Your instructions = Find every line in the entries that holds the string "which" and report it.

[Collected data]

"""

-- ===== src/Tunnel/Manager.antt =====
-- internal/tunnel/manager.go: the registry of the devices that are online.
-- A `*Connection` is its number in `heap`, which stands for the memory; a pointer that may be nil is an
-- `Option`. `closeOnce` has run exactly when `closed` is set, since nothing else sets it. The goroutines are
-- steps of their own: `finish_cleanup` ends the one that `beginClose` starts, and `reap` is the end of the
-- one that `ownLocked` starts. The control stream, the session and the transport are not modelled but for
-- whether a session, a signer and the channel of setups are there.
use aisummoner.Prelude.{
  ℕ, zero, suc, ◌==◌, ◌≡◌, Bool, true, false, not, Option, none, some, List, [], ◌∷◌, if◌then◌else◌,
  any, delete,
}
use aisummoner.Prelude.Keyed.{has_key}
use aisummoner.Store.Data.{RowId, Time}
use aisummoner.DeviceGate.{assign}

pub record Connection : Type 0 where
  pub device_id : RowId
  pub last_seen : Time
  pub closed : Bool
  pub cleanup_done : Bool
  pub has_credentials : Bool

pub record Manager : Type 0 where
  pub heap : ℕ → Connection
  pub connections : RowId → Option ℕ
  pub owned : List ℕ
  pub closing : Bool
  pub cleanup_wg : ℕ

unfoldable pub new_connection : RowId → Bool → Time → Connection
new_connection device credentials now = record {
  device_id = device;
  last_seen = now;
  closed = false;
  cleanup_done = false;
  has_credentials = credentials;
}

abbrev pub new_manager : (ℕ → Connection) → Manager
new_manager heap = record {
  heap = heap;
  connections = λ d. none;
  owned = [];
  closing = false;
  cleanup_wg = 0;
}

abbrev pub is_pointer : ℕ → Option ℕ → Bool
is_pointer p none = false
is_pointer p (some q) = q == p

abbrev pub owns : ℕ → Manager → Bool
owns p m = any (has_key (λ (q : ℕ). q) p) (m.owned)

abbrev pub closed_at : ℕ → Manager → Bool
closed_at p m = (m.heap p).closed

-- The part of `beginClose` that its caller waits for.
unfoldable pub begin_close : ℕ → Manager → Manager
begin_close p m = record m { heap = assign (m.heap) p (record (m.heap p) { closed = true }) }

abbrev pub begin_close_all : List ℕ → Manager → Manager
begin_close_all [] m = m
begin_close_all (p ∷ ps) m = begin_close_all ps (begin_close p m)

-- The goroutine that closes the streams has done so, and closes `cleanupDone`.
unfoldable pub finish_cleanup : ℕ → Manager → Manager
finish_cleanup p m = record m {
  heap = assign (m.heap) p (record (m.heap p) { cleanup_done = true });
}

unfoldable pub touch : ℕ → Time → Manager → Manager
touch p at m = record m {
  heap = if closed_at p m then m.heap else assign (m.heap) p (record (m.heap p) { last_seen = at });
}

-- `delete(m.connections, d)` when the map has this connection for `d`.
abbrev pub without : ℕ → Manager → RowId → Option ℕ
without p m =
    if is_pointer p (m.connections (m.heap p).device_id)
    then assign (m.connections) ((m.heap p).device_id) none
    else m.connections

unfoldable pub own_locked : ℕ → Manager → Manager
own_locked p m =
    if owns p m then m else record m { owned = p ∷ (m.owned); cleanup_wg = suc (m.cleanup_wg) }

-- The connection that was replaced is closed, unless it is the same one.
unfoldable pub close_replaced : Option ℕ → ℕ → Manager → Manager
close_replaced none p m = m
close_replaced (some old) p m = if old == p then m else begin_close old m

abbrev pub install : ℕ → Manager → Manager
install p m = record m { connections = assign (m.connections) ((m.heap p).device_id) (some p) }

unfoldable pub register : Option ℕ → Manager → (Option ℕ × Bool) × Manager
register none m = ((none, false), m)
register (some p) m = if m.closing then ((none, false), begin_close p m) else (
  (m.connections ((m.heap p).device_id), true),
  close_replaced (m.connections ((m.heap p).device_id)) p (install p (own_locked p m)),
)

-- The end of the goroutine of `ownLocked`: `none` is the panic of a wait group at 0.
unfoldable pub reap : ℕ → Manager → Option Manager
reap p m = elim (m.cleanup_wg) [
  | zero ↦ none
  | suc n ↦ some (record m {
    connections = without p m;
    owned = delete (has_key (λ (q : ℕ). q) p) (m.owned);
    cleanup_wg = n;
  })
]

unfoldable pub remove : Option ℕ → Manager → Manager
remove none m = m
remove (some p) m = record m { connections = without p m }

-- The join function that it returns waits for the cleanup of this connection only.
unfoldable pub detach_device : RowId → Manager → Option ℕ × Manager
detach_device d m = elim (m.connections d) [
  | none ↦ (none, m)
  | some p ↦ (some p, begin_close p (record m { connections = assign (m.connections) d none }))
]

unfoldable pub get : RowId → Manager → Option ℕ
get d m = m.connections d

unfoldable pub is_online : RowId → Manager → Bool
is_online d m = elim (get d m) [ none ↦ false | some p ↦ not (closed_at p m) ]

-- The critical section of `CloseAll`, with the connections to close.
unfoldable pub begin_close_all_owned : Manager → List ℕ × Manager
begin_close_all_owned m =
    if m.closing then ([], m) else (m.owned, record m { closing = true; connections = λ d. none })

-- `CloseAll` up to its wait for `cleanupWG`, when no other call comes between.
unfoldable pub close_all : Manager → Manager
close_all m = let (ps, n) = begin_close_all_owned m in begin_close_all ps n

-- A step of a call or a goroutine. A goroutine that closes streams runs once the connection is closed, and
-- one that reaps runs for a connection that was owned, once its cleanup is done.
pub data Step (m : Manager) : Manager → Type 0 where
  registering : (p : Option ℕ) → Step m (register p m).1
  closing_connection : (p : ℕ) → Step m (begin_close p m)
  cleaning : (p : ℕ) → closed_at p m ≡ true → Step m (finish_cleanup p m)
  touching : (p : ℕ) (at : Time) → Step m (touch p at m)
  reaping :
      (p : ℕ) (n : Manager)
      → owns p m ≡ true
      → (m.heap p).cleanup_done ≡ true
      → reap p m ≡ some n
      → Step m n
  removing : (p : Option ℕ) → Step m (remove p m)
  detaching : (d : RowId) → Step m (detach_device d m).1
  closing_all : Step m (begin_close_all_owned m).1

pub data Reaches (m : Manager) : Manager → Type 0 where
  here : Reaches m m
  next : {n k : Manager} → Reaches m n → Step n k → Reaches m k
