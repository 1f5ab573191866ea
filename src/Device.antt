-- ===== src/Device.antt =====
-- internal/device/service.go: what users see of their devices, and unpairing, which takes the device's gate,
-- the store, the agent service and the tunnels in turn.
-- The state has each of these parts. Between the parts of one call the registry and the tunnels may be changed
-- by other calls; the theorems hold for any registry and any tunnels at the start, and say what holds later.
pub mod Unpairing
use aisummoner.Prelude.{
  ℕ, zero, suc, Bool, true, false, Option, none, some, List, [], ◌∷◌, if◌then◌else◌, map, ◌||◌, not,
}
use aisummoner.Store.Data.{RowId, Time, Bytes, Device}
use aisummoner.Store.Driver.{Error, Result, ok, err, World, Exec, ◌>>=◌, pure}
use aisummoner.Store.Devices.{device_by_owner, unpair_device}
use aisummoner.Store.Snapshots.{devices_by_owner}
use aisummoner.Agent.Registry.{Registry, mark_device_revoked}
use aisummoner.DeviceGate.{GateError}
use aisummoner.Tunnel.Manager.{Manager, is_online, detach_device}

pub record View : Type 0 where
  pub device : Device
  pub online : Bool

-- The gate's part is whether this call holds the device, and how often it has let it go.
pub record Devices : Type 0 where
  pub world : World
  pub registry : Registry
  pub tunnels : Manager
  pub held : Bool
  pub unlocks : ℕ

pub data UnpairError : Type 0 where
  lifecycle_unavailable : UnpairError
  gate_failed : GateError → UnpairError
  store_failed : Error → UnpairError

abbrev pub view : Manager → Device → View
view m d = record { device = d; online = is_online (d.id) m }

unfoldable pub list : RowId → Manager → Exec (List View)
list owner m = do devices ← devices_by_owner owner; pure (map (view m) devices)

unfoldable pub get_view : RowId → RowId → Manager → Exec View
get_view owner device m = do item ← device_by_owner owner device; pure (view m item)

unfoldable pub lock : Devices → Devices
lock s = record s { held = true }

unfoldable pub unlock : Devices → Devices
unlock s = record s { held = false; unlocks = suc (s.unlocks) }

-- What follows the store: on an error only the gate is let go.
unfoldable pub after_store :
    RowId → Result (List RowId) × World → Devices → Option UnpairError × Devices
after_store device (err e, w) s = (some (store_failed e), unlock (record s { world = w }))
after_store device (ok ids, w) s = (
  none,
  unlock (record s {
    world = w;
    registry = mark_device_revoked device ids (s.registry);
    tunnels = (detach_device device (s.tunnels)).1;
  }),
)

-- `Unpair` up to the cleanup after it. `configured` says whether the service was built with
-- `NewLifecycleService`, and `gate` is the answer of `LockDevice`.
unfoldable pub unpair :
    Bytes → Bool → Option GateError → RowId → RowId → Time → Devices → Option UnpairError × Devices
unpair excerpt false gate owner device now s = (some lifecycle_unavailable, s)
unpair excerpt true (some e) owner device now s = (some (gate_failed e), s)
unpair excerpt true none owner device now s =
    after_store device (unpair_device excerpt owner device now (s.world)) (lock s)

-- The options of `NewLifecycleService` that are required, as whether each is there.
pub record LifecycleOptions : Type 0 where
  pub store : Bool
  pub gate : Bool
  pub tunnel : Bool
  pub terminal : Bool
  pub agent : Bool
  pub cleanup_timeout : Time

-- In milliseconds; a duration that is not positive is 0 here.
unfoldable pub new_lifecycle_service : LifecycleOptions → Option LifecycleOptions
new_lifecycle_service o =
    if not (o.store) || not (o.gate) || not (o.tunnel) || not (o.terminal) || not (o.agent)
    then none
    else some
        (record o { cleanup_timeout = elim (o.cleanup_timeout) [ zero ↦ 5000 | suc n ↦ suc n ] })

pub data CleanupError : Type 0 where
  deadline_exceeded canceled other_failure : CleanupError

pub data SafeText : Type 0 where
  timeout_text canceled_text cleanup_failed_text : SafeText

unfoldable pub safe_cleanup_error : CleanupError → SafeText
safe_cleanup_error deadline_exceeded = timeout_text
safe_cleanup_error canceled = canceled_text
safe_cleanup_error other_failure = cleanup_failed_text

-- What the loop of `runPostCommitCleanup` receives: the result of a worker, or the end of its context.
pub data CleanupEvent : Type 0 where
  worker_done : Option CleanupError → CleanupEvent
  cleanup_over : CleanupEvent

pub data Warning : Type 0 where
  incomplete : SafeText → Warning
  timed_out : Warning

abbrev pub warn : Option CleanupError → List Warning → List Warning
warn none ws = ws
warn (some e) ws = incomplete (safe_cleanup_error e) ∷ ws

-- The loop has three rounds, the number of the workers.
unfoldable pub collect_cleanup : ℕ → List CleanupEvent → List Warning
collect_cleanup zero es = []
collect_cleanup (suc n) [] = []
collect_cleanup (suc n) (cleanup_over ∷ es) = timed_out ∷ []
collect_cleanup (suc n) (worker_done e ∷ es) = warn e (collect_cleanup n es)
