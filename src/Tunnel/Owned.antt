-- ===== src/Tunnel/Owned.antt =====
-- internal/tunnel/manager.go: every connection in the map has its goroutine, and the wait group counts them.
use aisummoner.Prelude.{
  ℕ, ◌==◌, ◌≡◌, ◌≢◌, ◌∙◌, refl, Bool, true, false, Option, none, some, ◌∷◌, any, delete, length,
  arith, inl, inr, Bool-cases, Option-cases, if◌then◌else◌,
}
use mathlib.Core.Path.{subst}
use aisummoner.Prelude.Keyed.{has_key, Distinct, Distinct-delete}
use aisummoner.Prelude.Deletion.{length-delete, any_other_key, same_key}
use aisummoner.Store.Data.{RowId}
use aisummoner.DeviceGate.{assign}
use aisummoner.Tunnel.Manager.{
  Connection, Manager, owns, begin_close, finish_cleanup, touch, without, own_locked,
  close_replaced, install, register, reap, remove, detach_device, begin_close_all_owned, Step,
  registering, closing_connection, cleaning, touching, reaping, removing, detaching, closing_all,
  Reaches, here, next,
}

pub record IsOwned (m : Manager) : Type 0 where
  pub distinct : Distinct (λ (q : ℕ). q) (m.owned)
  pub balanced : m.cleanup_wg ≡ length (m.owned)
  pub registered :
      (d : RowId) (p : ℕ)
      → m.connections d ≡ some p
      → (owns p m ≡ true) × ((m.heap p).device_id ≡ d)
  pub stopped : m.closing ≡ true → (d : RowId) → m.connections d ≡ none

-- A change of the flags and times of connections changes nothing of this.
abbrev with_heap : (ℕ → Connection) → Manager → Manager
with_heap h m = record m { heap = h }

with_heap-IsOwned :
    (m : Manager) (h : ℕ → Connection)
    → ((p : ℕ) → (h p).device_id ≡ (m.heap p).device_id)
    → IsOwned m
    → IsOwned (with_heap h m)
with_heap-IsOwned m h same o = record {
  distinct = o.distinct;
  balanced = o.balanced;
  registered = λ d p e. ground (arith, o.registered d p e, same p);
  stopped = o.stopped;
}

begin_close-IsOwned : (p : ℕ) {m : Manager} → IsOwned m → IsOwned (begin_close p m)
unfolding begin_close
begin_close-IsOwned p {m} o = with_heap-IsOwned m _ (λ q. ground arith) o

finish_cleanup-IsOwned : (p : ℕ) {m : Manager} → IsOwned m → IsOwned (finish_cleanup p m)
unfolding finish_cleanup
finish_cleanup-IsOwned p {m} o = with_heap-IsOwned m _ (λ q. ground arith) o

touch-IsOwned : (p : ℕ) (at : ℕ) {m : Manager} → IsOwned m → IsOwned (touch p at m)
unfolding touch
touch-IsOwned p at {m} o = with_heap-IsOwned m _ (λ q. ground arith) o

own_locked-IsOwned : (p : ℕ) {m : Manager} → IsOwned m → IsOwned (own_locked p m)
unfolding own_locked any
own_locked-IsOwned p {m} o = elim (Bool-cases (owns p m)) [
  | inl old ↦ rw old o
  | inr new ↦ rw new (record {
    distinct = (new, o.distinct);
    balanced = ground (arith, o.balanced);
    registered = λ d q e. added d q e;
    stopped = o.stopped;
  })
]
  where
    added :
        (d : RowId) (q : ℕ)
        → m.connections d ≡ some q
        → (any (has_key (λ (r : ℕ). r) q) (p ∷ (m.owned)) ≡ true) × ((m.heap q).device_id ≡ d)
    added d q e = ground (arith, o.registered d q e)

install-IsOwned :
    (p : ℕ) {m : Manager} → m.closing ≡ false → owns p m ≡ true → IsOwned m → IsOwned (install p m)
install-IsOwned p {m} live mine o = record {
  distinct = o.distinct;
  balanced = o.balanced;
  registered =
      λ d q e. ground (arith, o.registered d q, mine, same_key (λ (r : ℕ). r) p q (m.owned));
  stopped = λ c. absurd (cc);
}

close_replaced-IsOwned :
    (old : Option ℕ) (p : ℕ) {m : Manager} → IsOwned m → IsOwned (close_replaced old p m)
unfolding close_replaced
close_replaced-IsOwned none p o = o
close_replaced-IsOwned (some q) p {m} o = elim (Bool-cases (q == p)) [
  | inl same ↦ rw same o
  | inr other ↦ rw other (begin_close-IsOwned q o)
]

either-IsOwned {ℓ} :
    {A : Type ℓ} (b : Bool) (x y : A × Manager)
    → (b ≡ true → IsOwned (x.1))
    → (b ≡ false → IsOwned (y.1))
    → IsOwned (if b then x else y).1
either-IsOwned true x y f g = f refl
either-IsOwned false x y f g = g refl

own_locked-owns : (p : ℕ) (m : Manager) → owns p (own_locked p m) ≡ true
unfolding own_locked any
own_locked-owns p m = ground arith

own_locked_open : (p : ℕ) (m : Manager) → (own_locked p m).closing ≡ m.closing
unfolding own_locked
own_locked_open p m = ground arith

register-IsOwned : (p : Option ℕ) {m : Manager} → IsOwned m → IsOwned (register p m).1
unfolding register
register-IsOwned none o = o
register-IsOwned (some p) {m} o =
    either-IsOwned (m.closing) _ _ (λ over. begin_close-IsOwned p o)
      (λ live. close_replaced-IsOwned (m.connections ((m.heap p).device_id)) p (
        install-IsOwned p (own_locked_open p m ∙ live) (own_locked-owns p m)
          (own_locked-IsOwned p o)))

-- Taking the map's entry for a connection leaves the others.
without_sound :
    (p : ℕ) (m : Manager)
    → IsOwned m
    → (d : RowId) (q : ℕ) → without p m d ≡ some q
    → (m.connections d ≡ some q) × ((p == q) ≡ false)
without_sound p m o d q e = ground (arith, o.registered d q)

without-IsOwned :
    (p : ℕ) {m : Manager} → IsOwned m → IsOwned (record m { connections = without p m })
without-IsOwned p {m} o = record {
  distinct = o.distinct;
  balanced = o.balanced;
  registered = λ d q e. o.registered d q (without_sound p m o d q e).0;
  stopped = λ c d. ground (arith, o.stopped c d);
}

remove-IsOwned : (p : Option ℕ) {m : Manager} → IsOwned m → IsOwned (remove p m)
unfolding remove
remove-IsOwned none o = o
remove-IsOwned (some p) o = without-IsOwned p o

reaped : ℕ → ℕ → Manager → Manager
reaped p n m = record m {
  connections = without p m;
  owned = delete (has_key (λ (q : ℕ). q) p) (m.owned);
  cleanup_wg = n;
}

-- The wait group is never at 0 when the goroutine of an owned connection ends.
reap_lem :
    (p : ℕ) (m : Manager)
    → IsOwned m
    → owns p m ≡ true
    → reap p m ≡ some (reaped p (length (delete (has_key (λ (q : ℕ). q) p) (m.owned))) m)
unfolding reap reaped
reap_lem p m o mine =
    ground (arith, o.balanced, length-delete (λ (q : ℕ). q) p (m.owned) (o.distinct) mine)

reaped-IsOwned :
    (p : ℕ) (m : Manager)
    → IsOwned m
    → IsOwned (reaped p (length (delete (has_key (λ (q : ℕ). q) p) (m.owned))) m)
unfolding reaped
reaped-IsOwned p m o = record {
  distinct = Distinct-delete (λ (q : ℕ). q) (has_key (λ (q : ℕ). q) p) (m.owned) (o.distinct);
  balanced = refl;
  registered = λ d q e. kept d q (without_sound p m o d q e);
  stopped = λ c d. ground (arith, o.stopped c d);
}
  where
    kept :
        (d : RowId) (q : ℕ)
        → (m.connections d ≡ some q) × ((p == q) ≡ false)
        → (any (has_key (λ (r : ℕ). r) q) (delete (has_key (λ (r : ℕ). r) p) (m.owned)) ≡ true)
          × ((m.heap q).device_id ≡ d)
    kept d q (e, other) = (
      any_other_key (λ (r : ℕ). r) p q (m.owned) other ∙ (o.registered d q e).0,
      (o.registered d q e).1,
    )

detach_device-IsOwned : (d : RowId) {m : Manager} → IsOwned m → IsOwned (detach_device d m).1
unfolding detach_device
detach_device-IsOwned d {m} o = elim (Option-cases (m.connections d)) [
  | inl off ↦ rw (off, detach_device) o
  | inr (p, at) ↦ rw (at, detach_device) (begin_close-IsOwned p cleared)
]
  where
    cleared : IsOwned (record m { connections = assign (m.connections) d none })
    cleared = record {
      distinct = o.distinct;
      balanced = o.balanced;
      registered = λ e q h. ground (arith, o.registered e q);
      stopped = λ c e. ground (arith, o.stopped c e);
    }

begin_close_all_owned-IsOwned : {m : Manager} → IsOwned m → IsOwned (begin_close_all_owned m).1
unfolding begin_close_all_owned
begin_close_all_owned-IsOwned {m} o =
    either-IsOwned (m.closing) _ _ (λ over. o)
      (λ live. record {
        distinct = o.distinct;
        balanced = o.balanced;
        registered = λ d q e. absurd (cc e);
        stopped = λ c d. refl;
      })

Step-IsOwned : {m n : Manager} → IsOwned m → Step m n → IsOwned n
Step-IsOwned o (registering p) = register-IsOwned p o
Step-IsOwned o (closing_connection p) = begin_close-IsOwned p o
Step-IsOwned o (cleaning p c) = finish_cleanup-IsOwned p o
Step-IsOwned o (touching p at) = touch-IsOwned p at o
Step-IsOwned {m} o (reaping p n mine c e) =
    subst IsOwned (cc (e, reap_lem p m o mine)) (reaped-IsOwned p m o)
Step-IsOwned o (removing p) = remove-IsOwned p o
Step-IsOwned o (detaching d) = detach_device-IsOwned d o
Step-IsOwned o closing_all = begin_close_all_owned-IsOwned o

-- In every state that the steps lead to from a state of this form, the connections in the map are of
-- their devices and owned, the owned ones are distinct and counted by the wait group, and there are none in
-- the map once the manager is closing.
pub Reaches-IsOwned : {m n : Manager} → Reaches m n → IsOwned m → IsOwned n
Reaches-IsOwned here o = o
Reaches-IsOwned (next r s) o = Step-IsOwned (Reaches-IsOwned r o) s

-- In such a state the goroutine of an owned connection never finds the wait group at 0.
pub reap-ne-none : (p : ℕ) (m : Manager) → IsOwned m → owns p m ≡ true → reap p m ≢ none
reap-ne-none p m o mine e = cc (reap_lem p m o mine, e)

"""

Response below =
-- A `*Connection` is its number in `heap`, which stands for the memory; a pointer that may be nil is an
-- internal/device/service.go: what users see of their devices, and unpairing, which takes the device's gate,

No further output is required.